Your goal:
Range to reproduce from the entries below: the line with "(m m' : ℕ → ℕ) (at n : ℕ)", the line with "-- No byte of", and every line in between. Give them exactly and give nothing else.

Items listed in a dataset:
--*--
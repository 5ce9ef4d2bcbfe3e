-- ===== src/Arena/Blobs.antt =====
-- What `write_blob` stores `read_blob` returns (src/arena.rs), until later payloads reuse its bytes.
use ringfire.Prelude.{
  ℕ, zero, suc, ◌+◌, ◌-◌, ◌%◌, ◌≤◌, ◌<◌, ◌≡◌, refl, ap, ◌∙◌, false, ◌⊎◌, inl, inr, arith, Option,
  some, List, [], ◌∷◌, length, u32_max, bit_and, bit_and-eq-mod, mod-ne, mod-add,
}
use native.Mathlib.Decide.{dec_lt}
use ringfire.Errors.{Result, ok}
use ringfire.Arena.{
  BlobRef, PayloadArena, Attempt, place, reserve_loop, reserve, is_in_bounds, is_lapped,
  store_bytes, load_bytes, stored_as, write_blob, read_blob,
}
use ringfire.Arena.Reserve.{IsArena, IsPlaced, IsAligned, capacity_max, place-IsPlaced}

store_bytes_other :
    (mem : ℕ → ℕ) (at : ℕ) (bs : List ℕ) (j : ℕ)
    → (j < at) ⊎ (at + length bs ≤ j)
    → store_bytes mem at bs j ≡ mem j
unfolding store_bytes
store_bytes_other mem at [] j h = refl
store_bytes_other mem at (b ∷ bs) j h =
    ground (arith, store_bytes_other mem (at + 1) bs j (ground arith))

load_bytes_cong :
    (m m' : ℕ → ℕ) (at n : ℕ)
    → ((j : ℕ) → at ≤ j → j < at + n → m j ≡ m' j)
    → load_bytes m at n ≡ load_bytes m' at n
unfolding load_bytes
load_bytes_cong m m' at zero h = refl
load_bytes_cong m m' at (suc n) h =
    let first = h at (omega arith) (omega arith) in
    let rest = load_bytes_cong m m' (at + 1) n (λ j up lt. h j (omega arith) (omega arith)) in cc

skips :
    (mem : ℕ → ℕ) (at b : ℕ) (bs : List ℕ) (j : ℕ)
    → at + 1 ≤ j
    → store_bytes mem at (b ∷ bs) j ≡ store_bytes mem (at + 1) bs j
unfolding store_bytes
skips mem at b bs j up = ground arith

load_bytes-store_bytes :
    (mem : ℕ → ℕ) (at : ℕ) (bs : List ℕ) → load_bytes (store_bytes mem at bs) at (length bs) ≡ bs
unfolding load_bytes store_bytes
load_bytes-store_bytes mem at [] = refl
load_bytes-store_bytes mem at (b ∷ bs) =
    let later =
      load_bytes_cong (store_bytes mem at (b ∷ bs)) (store_bytes mem (at + 1) bs) (at + 1)
        (length bs) (λ j up lt. skips mem at b bs j up) in
    let first : store_bytes mem at (b ∷ bs) at ≡ b = ground arith in
    ap (λ t. t ∷ load_bytes (store_bytes mem at (b ∷ bs)) (at + 1) (length bs)) first
    ∙ ap (λ t. b ∷ t) (later ∙ load_bytes-store_bytes mem (at + 1) bs)

-- The payload that a reference stands for is in the arena's bytes.
pub record IsHeld (a : PayloadArena) (r : BlobRef) (data_ : List ℕ) : Type 0 where
  pub len_eq : r.len ≡ length data_
  pub contiguous : r.offset % a.capacity + r.len ≤ a.capacity
  pub before : r.offset + r.len ≤ a.reserved
  pub stored : load_bytes a.bytes (bit_and r.offset a.mask) (length data_) ≡ data_

-- No byte of one placement is a byte of another that ends less than a capacity after its start.
disjoint :
    (c off len off' len' : ℕ) (at at' : ℕ)
    → at ≡ off % c
    → at' ≡ off' % c
    → at + len ≤ c
    → at' + len' ≤ c
    → off + len ≤ off'
    → off' + len' ≤ off + c
    → (j : ℕ) → at ≤ j
    → j < at + len
    → (j < at') ⊎ (at' + len' ≤ j)
disjoint c off len off' len' at at' e e' f f' after near j up lt = elim (dec_lt j at') [
  | yes below ↦ inl below
  | no not_below ↦ elim (dec_lt j (at' + len')) [
    | yes inside ↦
        let i = j - at in
        let k = j - at' in
        absurd (
          mod-ne (off + i) (off' + k) c (omega arith) (omega arith)
            (omega (arith, mod-add off i c (omega arith), mod-add off' k c (omega arith))))
    | no above ↦ inr (omega arith)
  ]
]

-- The reference and the arena after a write that succeeds.
abbrev pub ref_of : PayloadArena → List ℕ → ℕ → BlobRef
ref_of a data_ flags = record {
  offset = (place a (length data_) a.reserved).0;
  len = length data_;
  flags = flags;
}

abbrev pub arena_after : PayloadArena → List ℕ → PayloadArena
arena_after a data_ =
    let (offset, next) = place a (length data_) a.reserved in
    record a { reserved = next; bytes = store_bytes a.bytes (bit_and offset a.mask) data_ }

-- A payload that the arena takes.
abbrev pub Fits : PayloadArena → List ℕ → Type 0
Fits a data_ = (0 < length data_) × (length data_ ≤ a.capacity) × (length data_ ≤ u32_max)

abbrev attempt_of : PayloadArena → List Attempt
attempt_of a = record { loaded = a.reserved; actual = a.reserved; spurious = false } ∷ []

reserve-eq :
    (a : PayloadArena) (data_ : List ℕ) (flags : ℕ)
    → Fits a data_
    → reserve a (length data_) flags (attempt_of a)
      ≡ some (ok (ref_of a data_ flags), some (place a (length data_) a.reserved).1)
unfolding reserve reserve_loop
reserve-eq a data_ flags fits = ground arith

pub write_blob-eq :
    (a : PayloadArena) (data_ : List ℕ) (flags : ℕ)
    → Fits a data_
    → write_blob a data_ flags ≡ some (ok (ref_of a data_ flags), arena_after a data_)
unfolding write_blob
write_blob-eq a data_ flags fits =
    ap (λ (x : Option (Result BlobRef × Option ℕ)). stored_as a data_ x)
      (reserve-eq a data_ flags fits)

pub placed :
    (a : PayloadArena) (data_ : List ℕ)
    → IsArena a
    → IsAligned a.reserved a
    → Fits a data_
    → let p = place a (length data_) a.reserved in
      IsPlaced a.capacity (length data_) a.reserved p.0 p.1
placed a data_ i al fits = place-IsPlaced a (length data_) a.reserved i fits.1 al.0 al.1

pub arena_after-IsArena :
    (a : PayloadArena) (data_ : List ℕ) → IsArena a → IsArena (arena_after a data_)
arena_after-IsArena a data_ i = record {
  exponent = i.exponent;
  capacity_eq = i.capacity_eq;
  exponent_max = i.exponent_max;
  capacity_min = i.capacity_min;
  mask_eq = i.mask_eq;
}

pub write_blob-IsHeld :
    (a : PayloadArena) (data_ : List ℕ) (flags : ℕ)
    → IsArena a
    → IsAligned a.reserved a
    → Fits a data_
    → IsHeld (arena_after a data_) (ref_of a data_ flags) data_
write_blob-IsHeld a data_ flags i al fits =
    let p = placed a data_ i al fits in
    record {
      len_eq = refl;
      contiguous = p.contiguous;
      before = p.covers;
      stored =
          load_bytes-store_bytes a.bytes (bit_and (place a (length data_) a.reserved).0 a.mask)
            data_;
    }

pub IsHeld-read :
    (a : PayloadArena) (r : BlobRef) (data_ : List ℕ) (out_len : ℕ)
    → IsArena a
    → IsHeld a r data_
    → 0 < length data_
    → length data_ ≤ out_len
    → read_blob a r out_len ≡ ok data_
unfolding read_blob is_in_bounds
IsHeld-read a r data_ out_len i h pos out =
    let ix = bit_and-eq-mod i.exponent a.capacity a.mask r.offset i.capacity_eq i.mask_eq in
    let small = capacity_max a i in
    let open_eq : read_blob a r out_len ≡ ok (load_bytes a.bytes (bit_and r.offset a.mask) r.len) =
      ground arith in
    open_eq
    ∙ ap (λ n. ok (load_bytes a.bytes (bit_and r.offset a.mask) n)) h.len_eq
    ∙ ap ok h.stored

pub IsHeld-survives :
    (a : PayloadArena) (r : BlobRef) (data_ later : List ℕ)
    → IsArena a
    → IsAligned a.reserved a
    → Fits a later
    → IsHeld a r data_
    → is_lapped (arena_after a later) r ≡ false
    → IsHeld (arena_after a later) r data_
unfolding is_lapped
IsHeld-survives a r data_ later i al fits h fresh =
    let p = placed a later i al fits in
    let off = (place a (length later) a.reserved).0 in
    let ix = bit_and-eq-mod i.exponent a.capacity a.mask r.offset i.capacity_eq i.mask_eq in
    let ix' = bit_and-eq-mod i.exponent a.capacity a.mask off i.capacity_eq i.mask_eq in
    record {
      len_eq = h.len_eq;
      contiguous = h.contiguous;
      before = ground arith;
      stored =
          load_bytes_cong (store_bytes a.bytes (bit_and off a.mask) later) a.bytes
            (bit_and r.offset a.mask) (length data_)
            (λ j up lt. store_bytes_other a.bytes (bit_and off a.mask) later j (
              disjoint a.capacity r.offset (length data_) off (length later) _ _ ix.0 ix'.0
                (ground arith) (ground arith) (ground arith) (ground arith) j up lt))
          ∙ h.stored;
    }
--*--
Exercise answer:
    (m m' : ℕ → ℕ) (at n : ℕ)
    → ((j : ℕ) → at ≤ j → j < at + n → m j ≡ m' j)
    → load_bytes m at n ≡ load_bytes m' at n
unfolding load_bytes
load_bytes_cong m m' at zero h = refl
load_bytes_cong m m' at (suc n) h =
    let first = h at (omega arith) (omega arith) in
    let rest = load_bytes_cong m m' (at + 1) n (λ j up lt. h j (omega arith) (omega arith)) in cc

skips :
    (mem : ℕ → ℕ) (at b : ℕ) (bs : List ℕ) (j : ℕ)
    → at + 1 ≤ j
    → store_bytes mem at (b ∷ bs) j ≡ store_bytes mem (at + 1) bs j
unfolding store_bytes
skips mem at b bs j up = ground arith

load_bytes-store_bytes :
    (mem : ℕ → ℕ) (at : ℕ) (bs : List ℕ) → load_bytes (store_bytes mem at bs) at (length bs) ≡ bs
unfolding load_bytes store_bytes
load_bytes-store_bytes mem at [] = refl
load_bytes-store_bytes mem at (b ∷ bs) =
    let later =
      load_bytes_cong (store_bytes mem at (b ∷ bs)) (store_bytes mem (at + 1) bs) (at + 1)
        (length bs) (λ j up lt. skips mem at b bs j up) in
    let first : store_bytes mem at (b ∷ bs) at ≡ b = ground arith in
    ap (λ t. t ∷ load_bytes (store_bytes mem at (b ∷ bs)) (at + 1) (length bs)) first
    ∙ ap (λ t. b ∷ t) (later ∙ load_bytes-store_bytes mem (at + 1) bs)

-- The payload that a reference stands for is in the arena's bytes.
pub record IsHeld (a : PayloadArena) (r : BlobRef) (data_ : List ℕ) : Type 0 where
  pub len_eq : r.len ≡ length data_
  pub contiguous : r.offset % a.capacity + r.len ≤ a.capacity
  pub before : r.offset + r.len ≤ a.reserved
  pub stored : load_bytes a.bytes (bit_and r.offset a.mask) (length data_) ≡ data_

-- No byte of one placement is a byte of another that ends less than a capacity after its start.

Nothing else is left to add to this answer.